## Data to use
-- ===== src/Store/Grants.antt =====
-- The execution grants of harness/storage/store.py: a grant is bound to the arguments, the
-- resources and the policy that were approved, and is consumed when its operation starts.
use mi_harness.Prelude.{
  ℕ, ◌-◌, String, Bool, true, false, not, ◌&&◌, Option, none, some, List, [], ◌∷◌, ◌++◌, ltb, ◌==◌,
  same, is_some, get_or_else, contains, find_row, update_rows,
}
use mi_harness.Exec.{
  pure, gets, transaction, modify, utc_now, ◌>>=◌, ◌>>◌, require, or_raise, grant_invalid,
  grant_stale, operation_state, integrity,
}
use mi_harness.Core.{ExecutionContext, ApprovalBinding, same_binding}
use mi_harness.Store.Schema.{OperationState, OperationRow, GrantRow, Database, Db}
use mi_harness.Store.Runs.{assert_fence}
use mi_harness.Store.Operations.{find_operation, operation, OperationField, update_operation}

abbrev pub with_grant_id : String → GrantRow → Bool
with_grant_id identity g = same g.id identity

abbrev pub find_grant : String → Database → Option GrantRow
find_grant identity d = find_row (with_grant_id identity) d.execution_grants

-- Store.add_grant; `remaining` is 1 where the caller gives none.
unfoldable pub add_grant : String → String → String → String → ApprovalBinding → Option ℕ → Db Unit
add_grant id operation_id owner_id run_id binding remaining = do
  now ← utc_now
  taken ← gets (λ d. is_some (find_grant id d))
  known ← gets (λ d. is_some (find_operation operation_id d))
  require (not taken && known) integrity
  modify (λ d. record d {
    execution_grants =
        d.execution_grants
        ++ record {
          id = id;
          operation_id = operation_id;
          owner_id = owner_id;
          run_id = run_id;
          binding = binding;
          remaining = get_or_else remaining 1;
          revoked = false;
          consumed_at = none;
          created_at = now;
        }
          ∷ [];
  })

-- The grant belongs to this run and owner, is not revoked, and has a use left.
abbrev pub usable_by : ExecutionContext → GrantRow → Bool
usable_by ctx g =
    same g.owner_id ctx.owner_id
    && same g.run_id ctx.run_id
    && not g.revoked
    && not (ltb g.remaining 1)

abbrev pub is_current : ApprovalBinding → ApprovalBinding → ℕ → ℕ → Bool
is_current saved binding policy_revision now =
    same_binding saved binding
    && ltb now saved.expires_at
    && saved.policy_revision == policy_revision

abbrev pub may_start : OperationState → Bool
may_start OperationState.prepared = true
may_start OperationState.authorized = true
may_start _ = false

abbrev pub spendable : String → GrantRow → Bool
spendable grant_id g = with_grant_id grant_id g && ltb 0 g.remaining

-- UPDATE execution_grants SET remaining=remaining-1, consumed_at=now WHERE id=? AND remaining>0
unfoldable pub spend : String → ℕ → Db Unit
spend grant_id now = modify (λ d. record d {
  execution_grants =
      update_rows (spendable grant_id)
        (λ g. record g { remaining = g.remaining - 1; consumed_at = some now }) d.execution_grants;
})

-- Store.consume_grant
unfoldable pub consume_grant : ExecutionContext → String → ApprovalBinding → ℕ → Db OperationRow
consume_grant ctx grant binding policy_revision = transaction (do
  assert_fence ctx false
  found ← gets (find_grant grant)
  g ← or_raise grant_invalid found
  require (usable_by ctx g) grant_invalid
  now ← utc_now
  require (is_current g.binding binding policy_revision now) grant_stale
  o ← operation g.operation_id
  require (may_start o.state) operation_state
  now' ← utc_now
  spend grant now'
  update_operation o.id o.revision
      (OperationField.state OperationState.running
        ∷ OperationField.grant_id (some grant)
        ∷ OperationField.attempt_id ctx.worker_attempt_id
        ∷ OperationField.fencing_token ctx.fencing_token
        ∷ [])
      (some ctx))

-- Store.revoke_grants
unfoldable pub revoke_grants : String → List String → Db Unit
revoke_grants run_id except_ids = modify (λ d. record d {
  execution_grants =
      update_rows (λ g. same g.run_id run_id && not (contains g.id except_ids))
        (λ g. record g { revoked = true }) d.execution_grants;
})

-- The grant was consumed by this very operation, and has not been revoked since.
abbrev consumed_by : ExecutionContext → String → GrantRow → Bool
consumed_by ctx operation_id g =
    same g.owner_id ctx.owner_id
    && same g.run_id ctx.run_id
    && same g.operation_id operation_id
    && not g.revoked
    && g.remaining == 0
    && is_some g.consumed_at

abbrev still_bound : ApprovalBinding → OperationRow → ℕ → ℕ → Bool
still_bound b o policy_revision now =
    ltb now b.expires_at
    && b.policy_revision == policy_revision
    && same b.args_hash o.args_hash
    && same b.tool_revision o.tool_revision
    && same b.resource_fingerprint o.resource_fingerprint

abbrev pub find_grant? : Option String → Database → Option GrantRow
find_grant? none d = none
find_grant? (some g) d = find_grant g d

-- Store.verify_consumed_grant
unfoldable pub verify_consumed_grant : ExecutionContext → String → ℕ → Db Bool
verify_consumed_grant ctx operation_id policy_revision = transaction (do
  assert_fence ctx false
  o ← operation operation_id
  found ← gets (find_grant? o.grant_id)
  g ← or_raise grant_invalid found
  require (consumed_by ctx operation_id g) grant_invalid
  now ← utc_now
  require (still_bound g.binding o policy_revision now) grant_stale
  pure true)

## Instructions to follow
Your task is to retype the complete material exactly as it was given.

## Result of this exercise
-- ===== src/Store/Grants.antt =====
-- The execution grants of harness/storage/store.py: a grant is bound to the arguments, the
-- resources and the policy that were approved, and is consumed when its operation starts.
use mi_harness.Prelude.{
  ℕ, ◌-◌, String, Bool, true, false, not, ◌&&◌, Option, none, some, List, [], ◌∷◌, ◌++◌, ltb, ◌==◌,
  same, is_some, get_or_else, contains, find_row, update_rows,
}
use mi_harness.Exec.{
  pure, gets, transaction, modify, utc_now, ◌>>=◌, ◌>>◌, require, or_raise, grant_invalid,
  grant_stale, operation_state, integrity,
}
use mi_harness.Core.{ExecutionContext, ApprovalBinding, same_binding}
use mi_harness.Store.Schema.{OperationState, OperationRow, GrantRow, Database, Db}
use mi_harness.Store.Runs.{assert_fence}
use mi_harness.Store.Operations.{find_operation, operation, OperationField, update_operation}

abbrev pub with_grant_id : String → GrantRow → Bool
with_grant_id identity g = same g.id identity

abbrev pub find_grant : String → Database → Option GrantRow
find_grant identity d = find_row (with_grant_id identity) d.execution_grants

-- Store.add_grant; `remaining` is 1 where the caller gives none.
unfoldable pub add_grant : String → String → String → String → ApprovalBinding → Option ℕ → Db Unit
add_grant id operation_id owner_id run_id binding remaining = do
  now ← utc_now
  taken ← gets (λ d. is_some (find_grant id d))
  known ← gets (λ d. is_some (find_operation operation_id d))
  require (not taken && known) integrity
  modify (λ d. record d {
    execution_grants =
        d.execution_grants
        ++ record {
          id = id;
          operation_id = operation_id;
          owner_id = owner_id;
          run_id = run_id;
          binding = binding;
          remaining = get_or_else remaining 1;
          revoked = false;
          consumed_at = none;
          created_at = now;
        }
          ∷ [];
  })

-- The grant belongs to this run and owner, is not revoked, and has a use left.
abbrev pub usable_by : ExecutionContext → GrantRow → Bool
usable_by ctx g =
    same g.owner_id ctx.owner_id
    && same g.run_id ctx.run_id
    && not g.revoked
    && not (ltb g.remaining 1)

abbrev pub is_current : ApprovalBinding → ApprovalBinding → ℕ → ℕ → Bool
is_current saved binding policy_revision now =
    same_binding saved binding
    && ltb now saved.expires_at
    && saved.policy_revision == policy_revision

abbrev pub may_start : OperationState → Bool
may_start OperationState.prepared = true
may_start OperationState.authorized = true
may_start _ = false

abbrev pub spendable : String → GrantRow → Bool
spendable grant_id g = with_grant_id grant_id g && ltb 0 g.remaining

-- UPDATE execution_grants SET remaining=remaining-1, consumed_at=now WHERE id=? AND remaining>0
unfoldable pub spend : String → ℕ → Db Unit
spend grant_id now = modify (λ d. record d {
  execution_grants =
      update_rows (spendable grant_id)
        (λ g. record g { remaining = g.remaining - 1; consumed_at = some now }) d.execution_grants;
})

-- Store.consume_grant
unfoldable pub consume_grant : ExecutionContext → String → ApprovalBinding → ℕ → Db OperationRow
consume_grant ctx grant binding policy_revision = transaction (do
  assert_fence ctx false
  found ← gets (find_grant grant)
  g ← or_raise grant_invalid found
  require (usable_by ctx g) grant_invalid
  now ← utc_now
  require (is_current g.binding binding policy_revision now) grant_stale
  o ← operation g.operation_id
  require (may_start o.state) operation_state
  now' ← utc_now
  spend grant now'
  update_operation o.id o.revision
      (OperationField.state OperationState.running
        ∷ OperationField.grant_id (some grant)
        ∷ OperationField.attempt_id ctx.worker_attempt_id
        ∷ OperationField.fencing_token ctx.fencing_token
        ∷ [])
      (some ctx))

-- Store.revoke_grants
unfoldable pub revoke_grants : String → List String → Db Unit
revoke_grants run_id except_ids = modify (λ d. record d {
  execution_grants =
      update_rows (λ g. same g.run_id run_id && not (contains g.id except_ids))
        (λ g. record g { revoked = true }) d.execution_grants;
})

-- The grant was consumed by this very operation, and has not been revoked since.
abbrev consumed_by : ExecutionContext → String → GrantRow → Bool
consumed_by ctx operation_id g =
    same g.owner_id ctx.owner_id
    && same g.run_id ctx.run_id
    && same g.operation_id operation_id
    && not g.revoked
    && g.remaining == 0
    && is_some g.consumed_at

abbrev still_bound : ApprovalBinding → OperationRow → ℕ → ℕ → Bool
still_bound b o policy_revision now =
    ltb now b.expires_at
    && b.policy_revision == policy_revision
    && same b.args_hash o.args_hash
    && same b.tool_revision o.tool_revision
    && same b.resource_fingerprint o.resource_fingerprint

abbrev pub find_grant? : Option String → Database → Option GrantRow
find_grant? none d = none
find_grant? (some g) d = find_grant g d

-- Store.verify_consumed_grant
unfoldable pub verify_consumed_grant : ExecutionContext → String → ℕ → Db Bool
verify_consumed_grant ctx operation_id policy_revision = transaction (do
  assert_fence ctx false
  o ← operation operation_id
  found ← gets (find_grant? o.grant_id)
  g ← or_raise grant_invalid found
  require (consumed_by ctx operation_id g) grant_invalid
  now ← utc_now
  require (still_bound g.binding o policy_revision now) grant_stale
  pure true)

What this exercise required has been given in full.